*Data shown*.
☆ ☆ ☆ ☆ ☆
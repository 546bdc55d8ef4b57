-- ===== src/Usecase/Publish.antt =====
-- The publication of the outbox: internal/application/usecase/publish_outbox.go. Logging and
-- failpoints are left out. What the notifier answers, the readings of the clocks and what the
-- database answers to each unit of work are arguments; the attempts of one unit of work read the
-- same instants.
pub mod Sent
pub mod Answer
mod Tests
use wagering_wallet_service.Base.{
  if◌then◌else◌, Failure, err, ok, Instant, Duration, ℤ, ℕ, suc, String, Bool, true, false, not,
  Option, none, some, List, [], ◌∷◌,
}
use wagering_wallet_service.Messaging.{OutboxEvent, Receipt, receipt, lease_valid}
use wagering_wallet_service.Store.{Session}
use wagering_wallet_service.Store.Outbox
use wagering_wallet_service.Store.UnitOfWork.{Fate, Outcome, do_work}
use wagering_wallet_service.Usecase.Backoff.{backoff}
use wagering_wallet_service.Usecase.Retry.{add_delay}

-- `OutboxSettings`
pub record OutboxSettings : Type 0 where
  pub owner : String
  pub lease : Duration
  pub batch_size : ℕ  -- int; a negative one is 0
  pub backoff_base : ℤ  -- time.Duration
  pub backoff_max : ℤ  -- time.Duration

-- The labels of `OutboxPublishAttempt`.
pub data PublishResult : Type 0 where
  publish_success publish_failure publish_stale : PublishResult

-- What the publisher meets while it delivers one event: the error of the context before it, the
-- reading of the clock for the lease, the error of `Send`, the reading and the database's own clock
-- for the unit of work that follows, and what the database answers to that.
pub record Turn : Type 0 where
  pub interrupted : Option Failure
  pub lease_clock : Instant
  pub send_error : Option String
  pub now : Instant
  pub database_clock : Instant
  pub fates : ℕ → Fate

-- The database, the events that the notifier accepted, the newest first, and the attempts counted.
pub record Publication : Type 0 where
  pub session : Session
  pub accepted : List OutboxEvent
  pub counted : List PublishResult

abbrev pub count : PublishResult → Publication → Publication
count label p = record p { counted = label ∷ p.counted }

abbrev pub accept : OutboxEvent → Publication → Publication
accept pending p = record p { accepted = pending ∷ p.accepted }

-- The delay of `reschedule`, added to the reading of the clock.
abbrev pub retry_at : OutboxSettings → Instant → Receipt → Instant
retry_at settings now r =
    add_delay now (backoff settings.backoff_base settings.backoff_max r.generation)

module _ (retry_attempts : ℕ) (settings : OutboxSettings) where
  -- `mark`
  unfoldable pub mark : Turn → Receipt → Session → Outcome Bool
  unfolding do_work
  mark turn r s =
      do_work retry_attempts turn.fates (Outbox.mark_published r turn.now turn.database_clock) s

  -- `reschedule`; its errors are only logged.
  unfoldable pub reschedule : Turn → Receipt → String → Session → Outcome Bool
  unfolding do_work backoff
  reschedule turn r cause s =
      do_work retry_attempts turn.fates
        (Outbox.mark_failed r cause (retry_at settings turn.now r) turn.database_clock) s

  -- What `deliver` does after `mark`.
  unfoldable pub after_mark : Outcome Bool → Publication → Bool × Publication
  after_mark marked p = elim marked.answer [
    | err failure ↦ (false, record p { session = marked.session })
    | ok true ↦ (true, count publish_success (record p { session = marked.session }))
    | ok false ↦ (false, count publish_stale (record p { session = marked.session }))
  ]

  -- What `deliver` does with the answer of `Send`.
  unfoldable pub after_send : Turn → OutboxEvent → Option String → Publication → Bool × Publication
  unfolding mark reschedule after_mark
  after_send turn pending none p =
      after_mark (mark turn (receipt pending) p.session) (accept pending p)
  after_send turn pending (some cause) p = (
    false,
    count publish_failure
        (record p { session = (reschedule turn (receipt pending) cause p.session).session }),
  )

  -- `deliver`
  unfoldable pub deliver : Turn → OutboxEvent → Publication → Bool × Publication
  unfolding after_send
  deliver turn pending p =
      if not (lease_valid (receipt pending) turn.lease_clock)
      then (false, count publish_stale p)
      else after_send turn pending turn.send_error p

  -- The loop of `Execute`: the error of the context, how many are published, and what is left behind.
  unfoldable pub deliver_all :
      (ℕ → Turn) → ℕ → List OutboxEvent → ℕ → Publication → (Option Failure × ℕ) × Publication
  unfolding deliver
  deliver_all turns k [] published p = ((none, published), p)
  deliver_all turns k (pending ∷ claimed) published p =
      let (delivered, next) = deliver (turns k) pending p in
      let rest =
        deliver_all turns (suc k) claimed (if delivered then suc published else published) next in
      elim (turns k).interrupted [ some e ↦ ((some e, published), p) | none ↦ rest ]

  -- `claim`
  unfoldable pub claim : Instant → (ℕ → Fate) → Session → Outcome (List OutboxEvent)
  unfolding do_work
  claim now fates s =
      do_work retry_attempts fates
        (Outbox.claim settings.owner now settings.lease settings.batch_size) s

  -- `Execute`
  unfoldable pub execute :
      Instant → (ℕ → Fate) → (ℕ → Turn) → Publication → (Option Failure × ℕ) × Publication
  unfolding claim deliver_all
  execute now fates turns p =
      let claimed = claim now fates p.session in
      elim claimed.answer [
        | err failure ↦ ((some failure, 0), record p { session = claimed.session })
        | ok pending ↦ deliver_all turns 0 pending 0 (record p { session = claimed.session })
      ]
☆ ☆ ☆ ☆ ☆
*What you are asked to do*. Above are the records; print exactly the lines from the line with "(false, record p" to the line with "does with the", including both, and nothing else.

*Response area*.
    | err failure ↦ (false, record p { session = marked.session })
    | ok true ↦ (true, count publish_success (record p { session = marked.session }))
    | ok false ↦ (false, count publish_stale (record p { session = marked.session }))
  ]

  -- What `deliver` does with the answer of `Send`.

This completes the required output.